◆ Action item: Look through the listing for the string "them" and copy out every line that holds it.
******************************
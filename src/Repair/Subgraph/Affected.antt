-- ===== src/Repair/Subgraph/Affected.antt =====
-- The routine selects exactly the tasks that a repair affects.
use protostar.Base.{
  ℕ, ◌+◌, ◌≡◌, ◌≢◌, refl, sym, ap, ◌∙◌, ◌↔◌, ◌⊎◌, inl, inr, String, Bool, true, false, ◌||◌, ◌&&◌,
  List, [], ◌∷◌, ◌++◌, none, some, arith, ◌==◌, eq_iff, eq_refl, Dict, get, put, get-put, has,
  has-append, any, filter, has-filter, length, or_else, Option-cases, if◌then◌else◌,
}
use protostar.Repair.Subgraph.{
  PlanNode, node_ids, selected, unknown_repair_task, stalled, first_unknown, add_dependents,
  dependents_by_task_id, select, edges, compute_repair_subgraph,
}
use protostar.Repair.Subgraph.Search.{open_edges-nil, select_total, select_sound, select_complete}

-- Some task `id` of the plan depends on `d`.
abbrev pub is_dependent : List PlanNode → (d id : String) → Bool
is_dependent tasks d id = any (λ t. t.plan_task_id == id && has t.depends_on d) tasks

-- A task is affected if it is to be repaired, or depends on an affected one.
pub data Affected (tasks : List PlanNode) (repair_task_ids : List String) : String → Type 0 where
  root : (id : String) → has repair_task_ids id ≡ true → Affected tasks repair_task_ids id
  dependent :
      (d id : String)
      → Affected tasks repair_task_ids d
      → is_dependent tasks d id ≡ true
      → Affected tasks repair_task_ids id

abbrev dependents : Dict (List String) → String → List String
dependents m d = or_else (get m d) []

has-dependents-put :
    (m : Dict (List String)) (k d x : String) (v : List String)
    → has (dependents (put m k v) d) x ≡ (if k == d then has v x else has (dependents m d) x)
has-dependents-put m k d x v = ground (arith, get-put m k d v)

add_dependents-has :
    (task_id : String) (ds : List String) (m : Dict (List String)) (d x : String)
    → has (dependents (add_dependents task_id ds m) d) x
      ≡ (has (dependents m d) x || (task_id == x && has ds d))
unfolding add_dependents
add_dependents-has task_id [] m d x = ground arith
add_dependents-has task_id (k ∷ ds) m d x =
    let v = dependents m k ++ task_id ∷ [] in
    ground (
      arith,
      add_dependents-has task_id ds (put m k v) d x,
      has-dependents-put m k d x v,
      has-append (dependents m k) (task_id ∷ []) x,
      eq_iff k d,
    )

dependents_by_task_id-has :
    (tasks : List PlanNode) (m : Dict (List String)) (d x : String)
    → has (dependents (dependents_by_task_id tasks m) d) x
      ≡ (has (dependents m d) x || is_dependent tasks d x)
unfolding dependents_by_task_id
dependents_by_task_id-has [] m d x = ground arith
dependents_by_task_id-has (t ∷ ts) m d x = ground (
  arith,
  dependents_by_task_id-has ts (add_dependents t.plan_task_id t.depends_on m) d x,
  add_dependents-has t.plan_task_id t.depends_on m d x,
)

is_dependent-node_ids :
    (tasks : List PlanNode) (d id : String)
    → is_dependent tasks d id ≡ true
    → has (node_ids tasks) id ≡ true
is_dependent-node_ids (t ∷ ts) d id h = ground (arith, is_dependent-node_ids ts d id)
is_dependent-node_ids [] d id h = cc

-- The check of the ids passes exactly when all of them are tasks', and else stops at one that is not.
first_unknown-none :
    (task_ids ids : List String) (x : String)
    → first_unknown task_ids ids ≡ none
    → has ids x ≡ true
    → has task_ids x ≡ true
unfolding first_unknown
first_unknown-none task_ids [] x e h = cc
first_unknown-none task_ids (id ∷ ids) x e h =
    ground (arith, eq_iff id x, first_unknown-none task_ids ids x)

first_unknown-some :
    (task_ids ids : List String) (x : String)
    → first_unknown task_ids ids ≡ some x
    → (has ids x ≡ true) × (has task_ids x ≡ false)
unfolding first_unknown
first_unknown-some task_ids [] x e = cc
first_unknown-some task_ids (id ∷ ids) x e =
    ground (arith, eq_iff id x, first_unknown-some task_ids ids x)

filter-has_nil : (xs : List String) → filter (has []) xs ≡ []
filter-has_nil [] = refl
filter-has_nil (x ∷ xs) = filter-has_nil xs

some-eq : {a b : List String} → some a ≡ some b → a ≡ b
some-eq e = cc

compute_repair_subgraph-select :
    (tasks : List PlanNode) (roots chosen : List String)
    → first_unknown (node_ids tasks) roots ≡ none
    → select
        (length roots + edges (dependents_by_task_id tasks []))
        (dependents_by_task_id tasks [])
        []
        roots
      ≡ some chosen
    → compute_repair_subgraph tasks roots ≡ selected (filter (has chosen) (node_ids tasks))
unfolding compute_repair_subgraph
compute_repair_subgraph-select tasks [] chosen known e =
    ap selected (
      sym (filter-has_nil (node_ids tasks)) ∙ ap (λ c. filter (has c) (node_ids tasks)) (some-eq e))
compute_repair_subgraph-select tasks (id ∷ ids) chosen known e = ground arith

compute_repair_subgraph-unknown :
    (tasks : List PlanNode) (roots : List String) (id : String)
    → first_unknown (node_ids tasks) roots ≡ some id
    → compute_repair_subgraph tasks roots ≡ unknown_repair_task id
unfolding compute_repair_subgraph
compute_repair_subgraph-unknown tasks roots id found = ground arith

module _ (tasks : List PlanNode) (roots : List String) where
  abbrev map_of : Dict (List String)
  map_of = dependents_by_task_id tasks []

  abbrev IsSelection : List String → Type 0
  IsSelection chosen = (x : String) → (has chosen x ≡ true) ↔ Affected tasks roots x

  select-IsSelection :
      (fuel : ℕ) (chosen : List String)
      → select fuel map_of [] roots ≡ some chosen
      → IsSelection chosen
  select-IsSelection fuel chosen e =
      let (start, closed) = select_complete map_of fuel [] roots chosen e (λ x d h k. cc) in
      let complete : (x : String) → Affected tasks roots x → has chosen x ≡ true =
        complete_by start closed in
      λ x. (sound x, complete x)
    where
      complete_by :
          ((x : String) → (false || has roots x) ≡ true → has chosen x ≡ true)
          → ((x d : String)
              → has chosen x ≡ true
              → has (dependents map_of x) d ≡ true
              → has chosen d ≡ true)
          → (x : String) → Affected tasks roots x
          → has chosen x ≡ true
      complete_by start closed x (root id h) = start id h
      complete_by start closed x (dependent d id a h) =
          closed d id (complete_by start closed d a) (dependents_by_task_id-has tasks [] d id ∙ h)

      sound : (x : String) → has chosen x ≡ true → Affected tasks roots x
      sound =
          select_sound (Affected tasks roots) map_of
            (λ x d a h. dependent x d a (sym (dependents_by_task_id-has tasks [] x d) ∙ h)) fuel []
            roots chosen e (λ x h. cc) (λ x h. root x h)

  is_task :
      (x : String)
      → Affected tasks roots x
      → first_unknown (node_ids tasks) roots ≡ none
      → has (node_ids tasks) x ≡ true
  is_task x (root id h) known = first_unknown-none (node_ids tasks) roots id known h
  is_task x (dependent d id a h) known = is_dependent-node_ids tasks d id h

  -- Where every id is a task's, the loop ends within its fuel with the affected tasks.
  selected_total :
      first_unknown (node_ids tasks) roots ≡ none
      → (chosen : List String) × (compute_repair_subgraph tasks roots
          ≡ selected (filter (has chosen) (node_ids tasks)))
        × IsSelection chosen
  selected_total known =
      let (chosen, e) =
        select_total (length roots + edges map_of) map_of [] roots
          (omega (arith, open_edges-nil map_of)) in
      (
        chosen,
        compute_repair_subgraph-select tasks roots chosen known e,
        select-IsSelection _ chosen e,
      )

selected-injective : {a b : List String} → selected a ≡ selected b → a ≡ b
selected-injective e = cc

filter_ext :
    (p q : String → Bool) (xs : List String)
    → ((x : String) → has xs x ≡ true → p x ≡ q x)
    → filter p xs ≡ filter q xs
filter_ext p q [] h = refl
filter_ext p q (x ∷ xs) h =
    ground (arith, h x (ground (arith, eq_refl x)), filter_ext p q xs (λ y k. h y (ground arith)))

filter-has-filter :
    (chosen xs : List String) → filter (has chosen) xs ≡ filter (has (filter (has chosen) xs)) xs
filter-has-filter chosen xs =
    filter_ext (has chosen) (has (filter (has chosen) xs)) xs
      (λ x h. ground (arith, has-filter (has chosen) xs x))

-- The routine selects, in the plan's order, exactly the tasks that the repair affects: those to be
-- repaired and, through any number of steps, those that depend on them.
pub compute_repair_subgraph-Affected :
    (tasks : List PlanNode) (roots ids : List String)
    → compute_repair_subgraph tasks roots ≡ selected ids
    → ((x : String) → (has ids x ≡ true) ↔ Affected tasks roots x)
      × (ids ≡ filter (has ids) (node_ids tasks))
compute_repair_subgraph-Affected tasks roots ids e =
    elim (Option-cases (first_unknown (node_ids tasks) roots)) [
      | inr (id, found) ↦ cc (compute_repair_subgraph-unknown tasks roots id found)
      | inl known ↦
          let (chosen, e', exact) = selected_total tasks roots known in
          let same : ids ≡ filter (has chosen) (node_ids tasks) = selected-injective (sym e ∙ e') in
          let member = λ (x : String). has-filter (has chosen) (node_ids tasks) x in
          rw same (
            λ x. (
              λ h. (exact x).0 (ground (arith, member x)),
              λ a. ground (arith, member x, is_task tasks roots x a known, (exact x).1 a),
            ),
            filter-has-filter chosen (node_ids tasks),
          )
    ]

-- It always returns or throws, and does not run on: it selects tasks where every id to be repaired
-- is a task's, and otherwise throws UnknownRepairTaskError with such an id that is no task's.
pub compute_repair_subgraph_total :
    (tasks : List PlanNode) (roots : List String)
    → (((ids : List String) × (compute_repair_subgraph tasks roots ≡ selected ids))
        × ((x : String) → has roots x ≡ true → has (node_ids tasks) x ≡ true))
      ⊎ ((id : String) × (compute_repair_subgraph tasks roots ≡ unknown_repair_task id)
          × (has roots id ≡ true)
          × (has (node_ids tasks) id ≡ false))
compute_repair_subgraph_total tasks roots =
    elim (Option-cases (first_unknown (node_ids tasks) roots)) [
      | inl known ↦
          let (chosen, e, _) = selected_total tasks roots known in
          inl ((_, e), λ x h. first_unknown-none (node_ids tasks) roots x known h)
      | inr (id, found) ↦
          let (wanted, missing) = first_unknown-some (node_ids tasks) roots id found in
          inr (id, compute_repair_subgraph-unknown tasks roots id found, wanted, missing)
    ]

pub compute_repair_subgraph-ne-stalled :
    (tasks : List PlanNode) (roots : List String) → compute_repair_subgraph tasks roots ≢ stalled
compute_repair_subgraph-ne-stalled tasks roots e =
    elim (compute_repair_subgraph_total tasks roots) [
      | inl ((ids, found), _) ↦ cc
      | inr (id, found, _, _) ↦ cc
    ]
******************************
◆ Problem solution:
-- The check of the ids passes exactly when all of them are tasks', and else stops at one that is not.
-- repaired and, through any number of steps, those that depend on them.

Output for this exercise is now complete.